Introduction to the Primates


Introduction to the Primates, by Daris R. Swindler. Seattle, WA: University of Washington Press. 1998. xv + 284 pp. $23.50 (soft cover).

When I first began teaching an integrated introductory primatology course in 1973, I was fortunate to use as a text Wilfred LeGros Clark's excellent book, The Antecedents of Man. It was inclusive, elementary, and inexpensive. Along with the new behavioral works of the previous decade, it could be used as a conceptual foundation for a course that covered basic primate biology and the recent discoveries in both primate behavior and paleontology. Soon, however, it was unavailable, and until now nothing ever quite replaced it, so that each year was an adventure of selecting from a new array of poor choices, since nothing stayed in print for very long and strictly behavioral ecology texts became more popular. Now, an introductory and comprehensive text has joined a recently competitive market in the great evolutionary anatomy tradition of Le Gros Clark.

Introduction to the Primates by Daris Swindler obviously derives from the author's career as a highly successful teacher dealing with similar textbook problems. The author attempts the monumental task of providing sophomores a rudimentary background in contemporary comparative anatomy, primate paleobiology, behavioral ecology, and conservation biology in a modest 250 pages of text. In fact, Le Gros Clark is frequently quoted, and some excellent figures have been borrowed from his and the contemporary works of Schultz and the Napiers. Since all of the many clear and useful figures, excellent drawings, artwork, and even poetry that ornament and document this entertaining and informative textbook avoid color or other special effects, the cost is kept at a minimum in a nonprofit university press publication that should remain available for a decade or more. [End Page 480]

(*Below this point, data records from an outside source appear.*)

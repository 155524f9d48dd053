-- ===== src/Bytes/Hex.antt =====
-- `ikrt_bytevector_to_hex` and `ikrt_bytevector_from_hex`. The test `isxdigit` is of the C library and a
-- parameter, on the bit pattern of an `int`; `hexadecimal` is what its documentation says of the C locale,
-- for the numbers of `unsigned char`. A byte from 128 on reaches it as a negative number other than those.
pub mod RoundTrip
use Prim.Native.Nat.{bit_and, bit_or}
use vicare_scheme.Base.{
  ℕ, ◌+◌, ◌*◌, ◌/◌, ◌%◌, ◌^◌, ◌-◌, ◌<◌, ◌≡◌, List, [], ◌∷◌, Bool, true, false, ◌&&◌, ◌||◌, Option,
  none, some, arith, ltb, leb, if◌then◌else◌, length, get_or,
}
use vicare_scheme.Numerics.Words.{most_positive_fixnum}

abbrev pub hex_table : List ℕ
hex_table = 48 ∷ 49 ∷ 50 ∷ 51 ∷ 52 ∷ 53 ∷ 54 ∷ 55 ∷ 56 ∷ 57 ∷ 65 ∷ 66 ∷ 67 ∷ 68 ∷ 69 ∷ 70 ∷ []

-- The digits of the high and of the low half of each byte.
unfoldable pub hex_digits : List ℕ → List ℕ
hex_digits [] = []
hex_digits (byte ∷ rest) =
    get_or hex_table (byte / 16) 0 ∷ get_or hex_table (bit_and byte 15) 0 ∷ hex_digits rest

unfoldable pub to_hex : List ℕ → Option (List ℕ)
to_hex input =
    if ltb (length input) (most_positive_fixnum / 2) then some (hex_digits input) else none

-- `ch > n` for a signed `char`, which is given by its bit pattern.
unfoldable pub char_above : ℕ → ℕ → Bool
char_above n ch = ltb n ch && ltb ch 128

-- The value of a digit: `c - '0'`, then the two corrections for letters, and the mask.
unfoldable pub digit_value : ℕ → ℕ
digit_value c =
    let ch₁ = (c + 208) % 256 in
    let ch₂ = if char_above 9 ch₁ then (ch₁ + 249) % 256 else ch₁ in
    let ch₃ = if char_above 16 ch₂ then (ch₂ + 224) % 256 else ch₂ in bit_and ch₃ 15

unfoldable pub hexadecimal : ℕ → Bool
hexadecimal c = (leb 48 c && leb c 57) || ((leb 65 c && leb c 70) || (leb 97 c && leb c 102))

-- A signed `char` as an `int`, both as bit patterns.
unfoldable pub char_to_int : ℕ → ℕ
char_to_int c = if ltb c 128 then c else c + (2 ^ 32 - 256)

abbrev pub cons_byte : ℕ → Option (List ℕ) → Option (List ℕ)
cons_byte b none = none
cons_byte b (some bytes) = some (b ∷ bytes)

module _ (isxdigit : ℕ → Bool) where
  -- One round of the loop: the byte of two digits, before the bytes of the rounds that follow.
  unfoldable pub hex_pair : ℕ → ℕ → Option (List ℕ) → Option (List ℕ)
  hex_pair high low later =
      if isxdigit (char_to_int high)
      then if isxdigit (char_to_int low)
        then cons_byte (bit_or (digit_value high * 16 % 256) (digit_value low)) later
        else none
      else none

  -- At the end of an input of odd length the second digit is the 0 that follows the data.
  unfoldable pub hex_bytes : List ℕ → Option (List ℕ)
  hex_bytes [] = some []
  hex_bytes (high ∷ []) = hex_pair high 0 (some [])
  hex_bytes (high ∷ low ∷ rest) = hex_pair high low (hex_bytes rest)

  unfoldable pub from_hex : List ℕ → Option (List ℕ)
  from_hex input = hex_bytes input
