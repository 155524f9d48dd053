-- ===== src/Bytes/Hex/RoundTrip.antt =====
-- What the two conversions of hexadecimal digits have to do with each other.
use Prim.Native.Nat.{bit_and, bit_or}
use vicare_scheme.Base.{
  ℕ, ◌*◌, ◌/◌, ◌%◌, ◌^◌, ◌<◌, ◌≡◌, refl, ap, ◌∙◌, List, [], ◌∷◌, Bool, true, false, ◌&&◌, Option,
  none, some, arith, ltb, if◌then◌else◌, length, get_or, All,
}
use vicare_scheme.Numerics.Words.{most_positive_fixnum}
use vicare_scheme.Numerics.Shifts.Limbs.{bit_or-disjoint}
use vicare_scheme.Bytes.{IsByte, IsAscii, and_then, answers}
use vicare_scheme.Bytes.Bits.{holds_below, by_trial, agree_below, bit_and-15}
use vicare_scheme.Bytes.Hex.{
  hex_table, hex_digits, to_hex, digit_value, hexadecimal, hex_pair, hex_bytes, from_hex, cons_byte,
  char_above, char_to_int,
}

digit_value-table : (d : ℕ) → d < 16 → digit_value (get_or hex_table d 0) ≡ d
unfolding holds_below digit_value char_above
digit_value-table = agree_below (λ d. digit_value (get_or hex_table d 0)) (λ d. d) 16 refl

hexadecimal-table : (d : ℕ) → d < 16 → hexadecimal (get_or hex_table d 0) ≡ true
unfolding holds_below hexadecimal
hexadecimal-table = by_trial (λ d. hexadecimal (get_or hex_table d 0)) 16 refl

table-IsAscii : (d : ℕ) → d < 16 → ltb (get_or hex_table d 0) 128 ≡ true
unfolding holds_below
table-IsAscii = by_trial (λ d. ltb (get_or hex_table d 0) 128) 16 refl

char_to_int-ascii : (c : ℕ) → c < 128 → char_to_int c ≡ c
unfolding char_to_int
char_to_int-ascii c h = ground arith

halves : (b : ℕ) → b < 256 → bit_or (b / 16 * 16 % 256) (b % 16) ≡ b
halves b h =
    let e : b / 16 * 16 % 256 ≡ b / 16 * 2 ^ 4 = omega arith in
    rw e (bit_or-disjoint 4 (b / 16) (b % 16) (omega arith) ∙ omega arith)

module _ (isxdigit : ℕ → Bool) (documented : (c : ℕ) → c < 256 → isxdigit c ≡ hexadecimal c) where
  ascii-isxdigit : (c : ℕ) → c < 128 → isxdigit (char_to_int c) ≡ hexadecimal c
  ascii-isxdigit c h = rw (char_to_int-ascii c h) (documented c (omega arith))

  table-isxdigit : (d : ℕ) → d < 16 → isxdigit (char_to_int (get_or hex_table d 0)) ≡ true
  table-isxdigit d h =
      ascii-isxdigit (get_or hex_table d 0) (ground (arith, table-IsAscii d h))
      ∙ hexadecimal-table d h

  hex_pair-digits :
      (b : ℕ) (later : Option (List ℕ))
      → b < 256
      → hex_pair isxdigit (get_or hex_table (b / 16) 0) (get_or hex_table (bit_and b 15) 0) later
        ≡ cons_byte b later
  unfolding hex_pair
  hex_pair-digits b later h =
      rw
        (
          bit_and-15 b h,
          table-isxdigit (b / 16) (omega arith),
          table-isxdigit (b % 16) (omega arith),
          digit_value-table (b / 16) (omega arith),
          digit_value-table (b % 16) (omega arith),
          halves b h,
        )
        refl

  hex_bytes-digits :
      (bytes : List ℕ) → All IsByte bytes → hex_bytes isxdigit (hex_digits bytes) ≡ some bytes
  unfolding hex_bytes hex_digits
  hex_bytes-digits [] h = refl
  hex_bytes-digits (b ∷ bytes) (hb, h) =
      hex_pair-digits b (hex_bytes isxdigit (hex_digits bytes)) hb
      ∙ ap (cons_byte b) (hex_bytes-digits bytes h)

  -- Where `isxdigit` is as documented, bytes whose number is below the limit of `to_hex` are
  -- encoded, and `from_hex` of the text is the bytes.
  pub from_hex-to_hex :
      (bytes : List ℕ)
      → All IsByte bytes
      → length bytes < most_positive_fixnum / 2
      → and_then (to_hex bytes) (from_hex isxdigit) ≡ some bytes
  unfolding to_hex from_hex
  from_hex-to_hex bytes h lt =
      let e : ltb (length bytes) (most_positive_fixnum / 2) ≡ true = ground arith in
      rw e (hex_bytes-digits bytes h)

-- An even number of hexadecimal digits.
unfoldable pub is_hex_text : List ℕ → Bool
is_hex_text [] = true
is_hex_text (high ∷ []) = false
is_hex_text (high ∷ low ∷ rest) = hexadecimal high && (hexadecimal low && is_hex_text rest)

nul_is_none : hexadecimal 0 ≡ false
unfolding hexadecimal
nul_is_none = refl

module _ (isxdigit : ℕ → Bool) (documented : (c : ℕ) → c < 256 → isxdigit c ≡ hexadecimal c) where
  answers-hex_pair :
      (high low : ℕ) (later : Option (List ℕ))
      → high < 128
      → low < 128
      → answers (hex_pair isxdigit high low later)
        ≡ (hexadecimal high && (hexadecimal low && answers later))
  unfolding hex_pair
  answers-hex_pair high low later hh hl =
      rw (ascii-isxdigit isxdigit documented high hh, ascii-isxdigit isxdigit documented low hl)
        (go (hexadecimal high) (hexadecimal low) later)
    where
      go :
          (p q : Bool) (o : Option (List ℕ))
          → answers (
              if p
              then if q
                then cons_byte (bit_or (digit_value high * 16 % 256) (digit_value low)) o
                else none
              else none)
            ≡ (p && (q && answers o))
      go true true none = refl
      go true true (some x) = refl
      go true false o = refl
      go false q o = refl

  -- Where `isxdigit` is as documented, `from_hex` of a list of ASCII characters gives a bytevector
  -- exactly if the list is a sequence of pairs of hexadecimal digits of either case; otherwise it
  -- answers `#f`.
  pub answers-from_hex :
      (chars : List ℕ) → All IsAscii chars → answers (from_hex isxdigit chars) ≡ is_hex_text chars
  unfolding from_hex hex_bytes is_hex_text
  answers-from_hex [] h = refl
  answers-from_hex (high ∷ []) (hh, h) =
      answers-hex_pair high 0 (some []) hh (omega arith) ∙ ground (arith, nul_is_none)
  answers-from_hex (high ∷ low ∷ rest) (hh, (hl, h)) =
      answers-hex_pair high low (hex_bytes isxdigit rest) hh hl
      ∙ ground (arith, answers-from_hex rest h)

As an introductory text it also is usefully peppered with conceptual comments or scientific aphorisms, sometimes parenthetically, that provide further understanding rather than detailed knowledge. Debate and skeptical scrutiny are often discussed as basic principles of science, while numerous examples are given of concepts such as mosaic evolutionary trajectories or the compromise of opposing selective forces. In the Le Gros Clark tradition, the contemporary study of structure and function are discussed as essential to the interpretation of fossils. Variability and the difficulties of reducing it to an arbitrary classification are also often discussed, and the overall emphasis is on facultative primate behavior more in the Napier tradition than in the Le Gros Clark tradition. In the interest of space Swindler often cites a reference or two for further information on an interesting topic, such as obstetrics, that is rather cursorily glossed in the text. He also deals well and fairly with current controversies such as the molecular clock (p. 74) or the questionable uniqueness of the human adolescent growth spurt (pp. 186-189).

The field of primatology has grown immensely in the three decades since the Le Gros Clark paperback was in print, however, such that the task of writing such a comprehensive text in that "old" tradition is truly monumental. Consequently, this first edition--which I hope will be superseded with a revision--suffers from being incomplete, imprecise, and inconsistent. The low cost will allow supplementary readings, but care will be needed by the instructor to correct and clarify the text.

An instructive and selective glossary of nine pages compensates somewhat for the brevity of the text and complements the many well-labeled figures, especially in the anatomy and growth chapters, but these efforts to make the text inexpensive also result occasionally in incomplete coverage of important topics or concepts. The first chapter, for example, provides a detailed and amusing history of the human preoccupation with primates, but the events of this century, especially the pioneering studies of the Japanese, are conspicuously absent. In another example, the bottlenecking of genetic drift is not mentioned as an evolutionary mechanism in the establishment of new karyotypes (p. 68), even though the work of Jon Marks is cited; instead, their great variance indicates "much selection in the...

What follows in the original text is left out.